• WHAT YOU NEED TO DO:
Only one stretch of the data below is wanted: the lines starting at the one with "parts = record" and ending at the one with "spaced = (refl, refl)", both included, given again exactly.

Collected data
======
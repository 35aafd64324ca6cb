-- ===== src/Uri/Examples.antt =====
-- URIs that parse, one that does not, and the theorems about them.
use db_cluster.Prelude.{String, false, ◌≡◌, refl}
use db_cluster.Json.{is_blank}
use db_cluster.Errors.{ok}
use db_cluster.Uri.{
  ClusterUri, parse_cluster_uri, match_uri, format_cluster_uri, is_cluster_uri, uri_for_object,
}
use db_cluster.Uri.RoundTrip.{format-parse, parse-format}

abbrev address : String
address = "cluster://canonical/a-1"

abbrev parts : ClusterUri
parts = record { store = "canonical"; id = "a-1"; raw = address }

parses : parse_cluster_uri address ≡ ok parts
unfolding parse_cluster_uri match_uri is_blank
parses = refl

formats : format_cluster_uri "canonical" "a-1" ≡ ok address
unfolding format_cluster_uri is_blank
formats = refl

-- a space in an id formats, and does not parse
spaced :
    (format_cluster_uri "canonical" "a 1" ≡ ok "cluster://canonical/a 1")
    × (is_cluster_uri "cluster://canonical/a 1" ≡ false)
unfolding format_cluster_uri is_cluster_uri match_uri is_blank
spaced = (refl, refl)

owned : uri_for_object "r1" "ledger" ≡ ok "cluster://ledger/r1"
unfolding uri_for_object is_blank
owned = refl

format-parse_example : (format_cluster_uri "canonical" "a-1" ≡ ok address) × (parts.raw ≡ address)
format-parse_example = format-parse address parts parses

parse-format_example : parse_cluster_uri address ≡ ok parts
unfolding match_uri
parse-format_example = parse-format "canonical" "a-1" address formats refl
======
• WRITTEN REPLY:
parts = record { store = "canonical"; id = "a-1"; raw = address }

parses : parse_cluster_uri address ≡ ok parts
unfolding parse_cluster_uri match_uri is_blank
parses = refl

formats : format_cluster_uri "canonical" "a-1" ≡ ok address
unfolding format_cluster_uri is_blank
formats = refl

-- a space in an id formats, and does not parse
spaced :
    (format_cluster_uri "canonical" "a 1" ≡ ok "cluster://canonical/a 1")
    × (is_cluster_uri "cluster://canonical/a 1" ≡ false)
unfolding format_cluster_uri is_cluster_uri match_uri is_blank
spaced = (refl, refl)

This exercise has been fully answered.